* **Excerpted records**

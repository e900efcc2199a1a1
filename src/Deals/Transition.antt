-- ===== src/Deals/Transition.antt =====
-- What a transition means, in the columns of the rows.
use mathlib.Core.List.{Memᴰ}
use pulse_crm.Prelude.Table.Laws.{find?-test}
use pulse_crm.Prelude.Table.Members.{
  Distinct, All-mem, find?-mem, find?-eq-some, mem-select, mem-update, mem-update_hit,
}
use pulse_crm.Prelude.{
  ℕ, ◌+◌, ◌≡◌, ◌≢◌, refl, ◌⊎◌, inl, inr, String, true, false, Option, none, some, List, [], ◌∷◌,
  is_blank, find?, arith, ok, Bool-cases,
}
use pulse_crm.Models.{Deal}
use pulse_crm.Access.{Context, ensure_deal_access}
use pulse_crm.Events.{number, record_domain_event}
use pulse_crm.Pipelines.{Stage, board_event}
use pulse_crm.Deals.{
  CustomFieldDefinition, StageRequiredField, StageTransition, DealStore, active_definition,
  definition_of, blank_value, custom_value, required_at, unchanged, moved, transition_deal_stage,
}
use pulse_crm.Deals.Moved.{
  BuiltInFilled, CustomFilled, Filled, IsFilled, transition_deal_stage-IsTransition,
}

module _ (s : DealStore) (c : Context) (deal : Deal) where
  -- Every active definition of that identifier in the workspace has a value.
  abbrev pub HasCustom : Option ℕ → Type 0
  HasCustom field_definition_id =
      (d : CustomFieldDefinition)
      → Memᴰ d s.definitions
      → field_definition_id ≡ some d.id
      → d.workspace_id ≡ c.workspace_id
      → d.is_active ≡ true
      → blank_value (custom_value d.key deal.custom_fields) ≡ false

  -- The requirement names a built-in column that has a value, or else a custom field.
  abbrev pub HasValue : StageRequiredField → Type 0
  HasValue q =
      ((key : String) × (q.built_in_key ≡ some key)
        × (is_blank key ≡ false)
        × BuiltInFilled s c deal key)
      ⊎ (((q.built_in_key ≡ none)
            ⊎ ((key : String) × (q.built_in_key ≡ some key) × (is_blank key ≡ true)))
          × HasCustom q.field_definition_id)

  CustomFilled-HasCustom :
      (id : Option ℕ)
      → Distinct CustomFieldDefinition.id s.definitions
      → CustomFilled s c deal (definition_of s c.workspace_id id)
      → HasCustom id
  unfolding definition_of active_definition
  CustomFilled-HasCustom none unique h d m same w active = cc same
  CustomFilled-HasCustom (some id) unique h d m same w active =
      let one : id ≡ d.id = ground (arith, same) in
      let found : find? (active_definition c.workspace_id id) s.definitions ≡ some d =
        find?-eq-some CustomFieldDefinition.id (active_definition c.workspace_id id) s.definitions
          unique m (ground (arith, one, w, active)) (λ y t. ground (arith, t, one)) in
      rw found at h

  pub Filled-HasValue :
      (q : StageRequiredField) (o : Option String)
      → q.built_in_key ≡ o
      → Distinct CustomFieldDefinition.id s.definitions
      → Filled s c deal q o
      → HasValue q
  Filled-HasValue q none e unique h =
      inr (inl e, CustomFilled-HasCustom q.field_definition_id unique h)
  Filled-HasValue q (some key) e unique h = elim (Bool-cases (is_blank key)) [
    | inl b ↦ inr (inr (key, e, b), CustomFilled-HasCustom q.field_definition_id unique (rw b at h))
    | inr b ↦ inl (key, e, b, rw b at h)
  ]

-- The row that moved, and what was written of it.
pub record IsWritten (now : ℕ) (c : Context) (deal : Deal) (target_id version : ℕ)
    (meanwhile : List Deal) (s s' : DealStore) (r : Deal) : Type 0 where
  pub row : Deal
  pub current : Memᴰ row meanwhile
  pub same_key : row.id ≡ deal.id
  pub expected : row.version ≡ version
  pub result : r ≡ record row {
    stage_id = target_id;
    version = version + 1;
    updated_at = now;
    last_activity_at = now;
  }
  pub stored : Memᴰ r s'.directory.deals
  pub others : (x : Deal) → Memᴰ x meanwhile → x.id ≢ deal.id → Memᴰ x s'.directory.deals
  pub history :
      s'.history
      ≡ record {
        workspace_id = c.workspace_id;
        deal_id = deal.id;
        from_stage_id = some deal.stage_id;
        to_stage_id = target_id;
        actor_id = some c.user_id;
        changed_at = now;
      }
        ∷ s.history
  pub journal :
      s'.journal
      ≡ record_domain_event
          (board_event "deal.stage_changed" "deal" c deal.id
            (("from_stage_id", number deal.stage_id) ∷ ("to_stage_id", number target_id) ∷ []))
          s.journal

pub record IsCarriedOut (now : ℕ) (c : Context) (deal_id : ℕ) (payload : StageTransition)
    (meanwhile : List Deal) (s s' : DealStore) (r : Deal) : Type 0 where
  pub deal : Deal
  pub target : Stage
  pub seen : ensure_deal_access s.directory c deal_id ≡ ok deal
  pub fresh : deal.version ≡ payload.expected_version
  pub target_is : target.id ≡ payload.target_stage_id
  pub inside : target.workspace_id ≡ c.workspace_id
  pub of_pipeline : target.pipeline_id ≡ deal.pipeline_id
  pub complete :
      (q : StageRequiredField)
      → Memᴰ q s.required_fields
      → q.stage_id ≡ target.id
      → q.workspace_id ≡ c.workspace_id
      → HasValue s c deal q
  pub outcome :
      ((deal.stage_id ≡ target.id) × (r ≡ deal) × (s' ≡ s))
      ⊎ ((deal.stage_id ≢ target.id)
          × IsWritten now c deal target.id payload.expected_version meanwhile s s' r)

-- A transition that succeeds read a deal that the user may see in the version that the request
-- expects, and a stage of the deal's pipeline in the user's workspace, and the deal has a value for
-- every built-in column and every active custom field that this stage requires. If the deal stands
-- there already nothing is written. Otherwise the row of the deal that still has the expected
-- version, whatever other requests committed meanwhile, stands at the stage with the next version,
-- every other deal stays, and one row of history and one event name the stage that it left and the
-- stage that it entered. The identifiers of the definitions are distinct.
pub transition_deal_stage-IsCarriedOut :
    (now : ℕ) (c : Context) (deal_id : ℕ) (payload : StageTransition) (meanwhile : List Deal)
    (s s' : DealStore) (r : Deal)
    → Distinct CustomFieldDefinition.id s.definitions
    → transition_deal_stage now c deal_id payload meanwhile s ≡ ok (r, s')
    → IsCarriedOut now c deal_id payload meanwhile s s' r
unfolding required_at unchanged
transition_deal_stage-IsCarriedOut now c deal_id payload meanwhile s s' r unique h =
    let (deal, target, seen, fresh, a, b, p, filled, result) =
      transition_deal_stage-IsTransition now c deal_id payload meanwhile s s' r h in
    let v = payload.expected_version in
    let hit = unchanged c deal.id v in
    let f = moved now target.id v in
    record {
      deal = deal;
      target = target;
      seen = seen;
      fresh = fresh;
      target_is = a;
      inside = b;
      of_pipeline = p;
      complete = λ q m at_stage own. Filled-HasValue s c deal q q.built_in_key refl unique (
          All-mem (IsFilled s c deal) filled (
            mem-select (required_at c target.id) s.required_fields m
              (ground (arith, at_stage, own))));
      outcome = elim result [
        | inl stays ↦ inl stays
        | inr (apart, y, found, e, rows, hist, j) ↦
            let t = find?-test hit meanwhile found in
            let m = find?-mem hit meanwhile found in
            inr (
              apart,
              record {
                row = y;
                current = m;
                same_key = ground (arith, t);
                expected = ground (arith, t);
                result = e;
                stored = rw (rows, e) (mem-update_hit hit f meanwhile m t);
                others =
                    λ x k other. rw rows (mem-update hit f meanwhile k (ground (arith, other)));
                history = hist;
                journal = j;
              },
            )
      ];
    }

* **Exercise requirements**
I'd like every line with the string "definitions" copied from the listing.

* **Solution to this exercise**
      → Memᴰ d s.definitions
      → Distinct CustomFieldDefinition.id s.definitions
      let found : find? (active_definition c.workspace_id id) s.definitions ≡ some d =
        find?-eq-some CustomFieldDefinition.id (active_definition c.workspace_id id) s.definitions
      → Distinct CustomFieldDefinition.id s.definitions
-- stage that it entered. The identifiers of the definitions are distinct.
    → Distinct CustomFieldDefinition.id s.definitions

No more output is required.